Because London’s focus is so wide, and his aim so collective, he writes arguments, as opposed to people. James, for instance, is essentially history’s vehicle, with wants, and later, regrets, that make appearances in the story, but never back him into a corner to reveal the contents of his moral fabric. For the humans in The Scarlet Plague, a universal substance is revealed early on and never refuted: they are creatures who resort to base means to survive when there is nothing left. It is true, even and especially, for James himself.

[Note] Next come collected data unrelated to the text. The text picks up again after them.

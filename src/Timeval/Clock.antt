-- ===== src/Timeval/Clock.antt =====
-- Timeval against a clock: deadlines and sleeping.
use grpc_php_rs.Common.{
  ℕ, ◌≤◌, ◌<◌, ◌-◌, ◌^◌, ◌≡◌, ◌≢◌, ◌↔◌, ◌⊎◌, true, none, some, pos, ◌≤ℤ◌, i64_max, i64_min, IsI64,
  ◌+ℤ◌, arith,
}
use grpc_php_rs.Error.{ok}
use grpc_php_rs.Timeval.{Timeval, since_epoch, to_absolute_usec, now, add, sleep_until}

-- A span as a deadline is the deadline `now + span`: adding the span to what `now` returned at the
-- same reading of the clock, and resolving either, gives one value (the span is not i64::MIN and the
-- clock reads less than i64::MAX).
pub to_absolute_usec-add_now :
    (span current : Timeval) (n : ℕ)
    → span.is_span ≡ true
    → span.usec ≢ i64_min
    → IsI64 span.usec
    → n < 2 ^ 63 - 1
    → now (since_epoch n) ≡ ok current
    → to_absolute_usec (add current span) (since_epoch n) ≡ to_absolute_usec span (since_epoch n)
unfolding to_absolute_usec add now
to_absolute_usec-add_now span current n s ne range h e = ground arith

-- With a clock in range and a runtime, `sleepUntil` returns at once exactly if its value is not after
-- the clock or is the infinite future, whether it is a span or absolute; where it sleeps, the clock's
-- reading and the time slept add up to its value.
sleep_until_exact :
    (t : Timeval) (n rt : ℕ)
    → IsI64 t.usec
    → n ≤ 2 ^ 63 - 1
    → ((sleep_until t (since_epoch n) (ok rt) ≡ ok none) ↔ ((t.usec ≤ℤ pos n) ⊎ (t.usec ≡ i64_max)))
      × ((d : ℕ) → sleep_until t (since_epoch n) (ok rt) ≡ ok (some d) → pos n +ℤ pos d ≡ t.usec)
unfolding sleep_until ◌+ℤ◌
sleep_until_exact t n rt range h = (ground arith, λ d e. ground arith)
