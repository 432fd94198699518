-- ===== src/Timeval/Tests.antt =====
-- Timeval at concrete values.
use grpc_php_rs.Common.{◌⊎◌, ◌≡◌, ◌↔◌, ◌+ℤ◌, ◌-ℤ◌, true, false, pos, negsuc}
use grpc_php_rs.Timeval.{Timeval, add, subtract}
use grpc_php_rs.Timeval.Arith.{IsInfinite, Nearest, add-subtract_exact}

abbrev second : Timeval
second = record { usec = pos 1_000_000; is_span = true }

abbrev moment : Timeval
moment = record { usec = pos 1_700_000_000; is_span = false }

abbrev early : Timeval
early = record { usec = negsuc 41; is_span = false }

add-subtract_exact_example :
    (IsInfinite early.usec × (add early second ≡ early) × (subtract early second ≡ early))
    ⊎ ((¬ IsInfinite early.usec)
        × Nearest (early.usec +ℤ second.usec) (add early second).usec
        × Nearest (early.usec -ℤ second.usec) (subtract early second).usec
        × (((add early second).is_span ≡ true) ↔ ((false ≡ true) × (true ≡ true)))
        × (((subtract early second).is_span ≡ true) ↔ ((false ≡ true) × (true ≡ true))))
add-subtract_exact_example = add-subtract_exact early second
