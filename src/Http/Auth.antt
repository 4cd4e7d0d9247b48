-- ===== src/Http/Auth.antt =====
-- Authentication by API key: TokenAuthenticator of server/internal/httpapi/auth.go. The hash of a
-- token, SHA-256 written in hexadecimal, is a parameter.
pub mod Bearer
pub mod Guard
pub mod Accepts
use playwright_distributed.Base.{
  no_rows, Result, ok, err, ℕ, zero, suc, ◌+◌, Bool, true, false, not, ◌&&◌, ◌||◌, Option, none,
  some, map, leb, ◌==◌, if◌then◌else◌, any, Bytes, codes, is_empty, bytes_eq, span, after_byte,
  strip_prefix,
}
use playwright_distributed.Db.Driver.{World, M, statement, query}
use playwright_distributed.Db.ApiKeys.{
  count_active_api_keys, get_active_api_key_by_hash, touch_api_key,
}
use playwright_distributed.Db.Models.{ApiKey}

pub data AuthError : Type 0 where
  unauthorized auth_backend : AuthError

-- None is the principal of a request that needs no key.
pub record Principal : Type 0 where
  pub key_id : Option ℕ

pub data AuthResult : Type 0 where
  authenticated : Principal → AuthResult
  rejected : AuthError → AuthResult

-- ASCII letters in lower case. No letter of "Bearer" folds to another character.
abbrev pub to_lower : ℕ → ℕ
to_lower c = if leb b'A' c && leb c b'Z' then c + 32 else c

abbrev pub is_blank : ℕ → Bool
is_blank c = (c == 32) || ((c == 9) || ((c == 13) || (c == 10)))

abbrev pub token_prefix : Bytes
token_prefix = codes "pwd_"

abbrev pub is_bearer : Bytes → Bool
is_bearer scheme = bytes_eq (map to_lower scheme) (codes "bearer")

-- A token has its prefix, something after it, and no blank.
abbrev pub is_token : Bytes → Bool
is_token token = elim (strip_prefix token_prefix token) [
  | none ↦ false
  | some rest ↦ not (is_empty rest) && not (any is_blank token)
]

unfoldable pub token_of : Bytes → Option Bytes → Option Bytes
token_of scheme none = none
token_of scheme (some token) = if is_bearer scheme && is_token token then some token else none

-- The scheme ends at the first space.
unfoldable pub bearer_token : Bytes → Option Bytes
unfolding token_of
bearer_token authorization =
    let (scheme, rest) = span (λ c. not (c == 32)) authorization in
    token_of scheme (after_byte 32 rest)

-- `latched` is authRequired, and `meanwhile` whether another request sets it before the second read.
unfoldable pub counted : Bool → Result ℕ × World → Result Bool × World
counted meanwhile (err e, w) = (err e, w)
counted meanwhile (ok zero, w) = (ok meanwhile, w)
counted meanwhile (ok (suc n), w) = (ok true, w)

-- Whether a key is needed: the answer is also the latch from then on, unless the query fails.
unfoldable pub requires_authentication : Bool → Bool → World → Result Bool × World
unfolding counted
requires_authentication latched meanwhile w =
    if latched
    then (ok true, w)
    else counted meanwhile (query (λ db. ok (count_active_api_keys db)) w)

-- A failure to touch the key is only logged.
unfoldable pub found_key : ℕ → Result ApiKey × World → AuthResult × World
found_key now (ok key, w) =
    let touch : M (Unit {0}) = statement (λ db. (ok tt, touch_api_key now key.id db)) in
    (authenticated (record { key_id = some key.id }), (touch w).1)
found_key now (err no_rows, w) = (rejected unauthorized, w)
found_key now (err e, w) = (rejected auth_backend, w)

unfoldable pub check_token : (Bytes → Bytes) → ℕ → Option Bytes → World → AuthResult × World
unfolding found_key
check_token sha now none w = (rejected unauthorized, w)
check_token sha now (some token) w =
    found_key now (query (get_active_api_key_by_hash (sha token)) w)

unfoldable pub required_then :
    (Bytes → Bytes) → ℕ → Bytes → Bool → Result Bool × World → AuthResult × Bool × World
unfolding check_token
required_then sha now authorization latched (err e, w) = (rejected auth_backend, latched, w)
required_then sha now authorization latched (ok false, w) =
    (authenticated (record { key_id = none }), latched, w)
required_then sha now authorization latched (ok true, w) =
    let (result, w') = check_token sha now (bearer_token authorization) w in (result, true, w')

-- The result, and the latch and the tables after it.
unfoldable pub authenticate :
    (Bytes → Bytes) → ℕ → Bytes → Bool → Bool → World → AuthResult × Bool × World
unfolding requires_authentication required_then
authenticate sha now authorization meanwhile latched w =
    required_then sha now authorization (latched || meanwhile)
      (requires_authentication latched meanwhile w)
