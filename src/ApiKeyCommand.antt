-- ===== src/ApiKeyCommand.antt =====
-- The apikey command: server/internal/apikey/command.go. Parameters are the flag parser of the
-- standard library, the parser of uuids, the hash of a token (SHA-256 in hexadecimal), and the
-- trimming of white space. Times, fresh ids and random bytes are arguments.
pub mod Tokens
pub mod Effects
pub mod Revocation
pub mod Execution
use playwright_distributed.Base.{
  Error, no_rows, Result, ok, err, ℕ, zero, suc, ◌+◌, ◌-◌, ◌*◌, ◌/◌, ◌%◌, Bool, ◌||◌, Option, none,
  some, List, [], ◌∷◌, ◌++◌, ltb, ◌==◌, if◌then◌else◌, take, Bytes, codes, is_empty, bytes_eq,
}
use playwright_distributed.Db.Models.{ApiKey, Database}
use playwright_distributed.Db.Driver.{World, statement, query}
use playwright_distributed.Db.ApiKeys.{
  is_unrevoked, delete_api_key, get_api_key, InsertApiKeyParams, insert_api_key, revoke_api_key,
}
use playwright_distributed.Http.Auth.{token_prefix}

pub data Command : Type 0 where
  create_command : Bytes → Command
  list_command : Command
  revoke_command : ℕ → Command

-- What the flag parser makes of the arguments after the subcommand: a call for help, an error, or the
-- value of the flag and the number of arguments left.
pub data Flags : Type 0 where
  asks_help invalid : Flags
  parsed : Bytes → ℕ → Flags

pub data ParseError : Type 0 where
  subcommand_required flags_invalid takes_no_arguments id_invalid unknown_subcommand : ParseError
  help_not_printed : ParseError

-- Help has been printed and nothing is left to do, or there is a command, or an error.
pub data Parsed : Type 0 where
  helped : Parsed
  to_run : Command → Parsed
  refused_args : ParseError → Parsed

abbrev with_no_arguments : Flags → (Bytes → Parsed) → Parsed
with_no_arguments asks_help next = helped
with_no_arguments invalid next = refused_args flags_invalid
with_no_arguments (parsed value zero) next = next value
with_no_arguments (parsed value (suc n)) next = refused_args takes_no_arguments

abbrev revoke_of : Option ℕ → Parsed
revoke_of none = refused_args id_invalid
revoke_of (some id) = to_run (revoke_command id)

abbrev is_help : Bytes → Bool
is_help arg =
    bytes_eq arg (codes "-h") || (bytes_eq arg (codes "--help") || bytes_eq arg (codes "help"))

-- `flags name args` parses the arguments for the one flag of that name, or for none. `prints` is
-- whether the help can be printed.
unfoldable pub parse :
    (Option Bytes → List Bytes → Flags) → (Bytes → Option ℕ) → Bool → List Bytes → Parsed
parse flags parse_uuid prints [] = refused_args subcommand_required
parse flags parse_uuid prints (name ∷ args) =
    if is_help name
    then if prints then helped else refused_args help_not_printed
    else if bytes_eq name (codes "create")
    then with_no_arguments (flags (some (codes "name")) args)
        (λ value. to_run (create_command value))
    else if bytes_eq name (codes "list")
    then with_no_arguments (flags none args) (λ value. to_run list_command)
    else if bytes_eq name (codes "revoke")
    then with_no_arguments (flags (some (codes "id")) args) (λ value. revoke_of (parse_uuid value))
    else refused_args unknown_subcommand

pub data CommandError : Type 0 where
  name_required no_random print_failed key_not_found key_not_revoked : CommandError
  statement_failed cleanup_failed : Error → CommandError

pub data CommandResult (A : Type 0) : Type 0 where
  done : A → CommandResult A
  stopped : CommandError → CommandResult A

-- base64.RawURLEncoding: six bits a character, no padding.
abbrev pub url_char : ℕ → ℕ
url_char i =
    if ltb i 26
    then b'A' + i
    else if ltb i 52
    then b'a' + (i - 26)
    else if ltb i 62
    then b'0' + (i - 52)
    else if i == 62
    then b'-'
    else b'_'

unfoldable pub encode_raw_url : Bytes → Bytes
encode_raw_url [] = []
encode_raw_url (a ∷ []) = url_char (a / 4) ∷ url_char (a % 4 * 16) ∷ []
encode_raw_url (a ∷ b ∷ []) =
    url_char (a / 4) ∷ url_char (a % 4 * 16 + b / 16) ∷ url_char (b % 16 * 4) ∷ []
encode_raw_url (a ∷ b ∷ c ∷ rest) =
    url_char (a / 4)
    ∷ url_char (a % 4 * 16 + b / 16)
    ∷ url_char (b % 16 * 4 + c / 64)
    ∷ url_char (c % 64)
    ∷ encode_raw_url rest

abbrev pub generate_token : Bytes → Bytes
generate_token random = token_prefix ++ encode_raw_url random

abbrev pub stored_token_prefix_length : ℕ
stored_token_prefix_length = 8

abbrev pub key_params : (Bytes → Bytes) → ℕ → Bytes → Bytes → InsertApiKeyParams
key_params sha id name token = record {
  id = id;
  name = name;
  hash = sha token;
  prefix = take stored_token_prefix_length token;
}

-- A key that could not be shown is deleted again.
unfoldable pub cleaned_up : Result (Unit {0}) × World → CommandResult ApiKey × World
cleaned_up (ok u, w) = (stopped print_failed, w)
cleaned_up (err e, w) = (stopped (cleanup_failed e), w)

unfoldable pub inserted : Bool → Result ApiKey × World → CommandResult ApiKey × World
unfolding cleaned_up
inserted prints (err e, w) = (stopped (statement_failed e), w)
inserted prints (ok key, w) =
    if prints then (done key, w) else cleaned_up (statement (delete_api_key key.id) w)

-- `random` is what the random source gives, and `prints` whether the token can be printed.
unfoldable pub create :
    (Bytes → Bytes)
    → (Bytes → Bytes)
    → ℕ
    → ℕ
    → Bytes
    → Option Bytes
    → Bool
    → World
    → CommandResult ApiKey × World
unfolding inserted
create trim_space sha now id name random prints w =
    if is_empty (trim_space name) then (stopped name_required, w) else elim random [
      | none ↦ (stopped no_random, w)
      | some bytes ↦ inserted prints (
          statement
            (insert_api_key now (key_params sha id (trim_space name) (generate_token bytes))) w)
    ]

unfoldable pub looked_up : Bool → Result ApiKey × World → CommandResult (Unit {0}) × World
looked_up prints (err no_rows, w) = (stopped key_not_found, w)
looked_up prints (err e, w) = (stopped (statement_failed e), w)
looked_up prints (ok key, w) =
    if is_unrevoked key
    then (stopped key_not_revoked, w)
    else if prints
    then (done tt, w)
    else (stopped print_failed, w)

-- `others` is what other transactions do between the two statements.
unfoldable pub revoked :
    ℕ → Bool → (Database → Database) → Result ApiKey × World → CommandResult (Unit {0}) × World
unfolding looked_up
revoked id prints others (ok key, w) = (done tt, w)
revoked id prints others (err no_rows, w) =
    looked_up prints (query (get_api_key id) (record w { db = others w.db }))
revoked id prints others (err e, w) = (stopped (statement_failed e), w)

unfoldable pub revoke :
    ℕ → ℕ → Bool → (Database → Database) → World → CommandResult (Unit {0}) × World
unfolding revoked
revoke now id prints others w = revoked id prints others (statement (revoke_api_key now id) w)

But trouble arrives in later chapters when London tries to introduce some interpersonal conflict, after society has collapsed, when James encounters some other survivors, and is subject to their cruelty after years wandering rural California alone––one in particular, who takes the name “Chauffeur” as a symbol to assert his pride over the fallen elite he once served. It is there that his complexity stops. An argument and not a person, Chauffeur’s exaggerated and ceaseless brutality is used to contest that violence and selfishness win out in a world with no structure. He’s also a former member of the working class, which London uses to argue that the poor and overworked, long pushed to the margins of society, will take up Rousseau’s promise and eat the rich, if pushed far enough. These points are intriguing, but the apparatus that’s used to make them isn’t. Even more distilled is Chauffeur’s wife-prisoner, the once wealthy, once ruling class Vesta, who is perfectly beautiful, perfectly pitiable, and little more than a walking symbol of grandeur brought low.
It makes sense, though, however ruthlessly it strips the characters, because London makes clear that in this circumstance, the makings of character have no bearing: “Everybody died anyway, the good and the bad, the efficients, and the weaklings, those that loved to live and those that scorned to live. They passed. Everything passed.”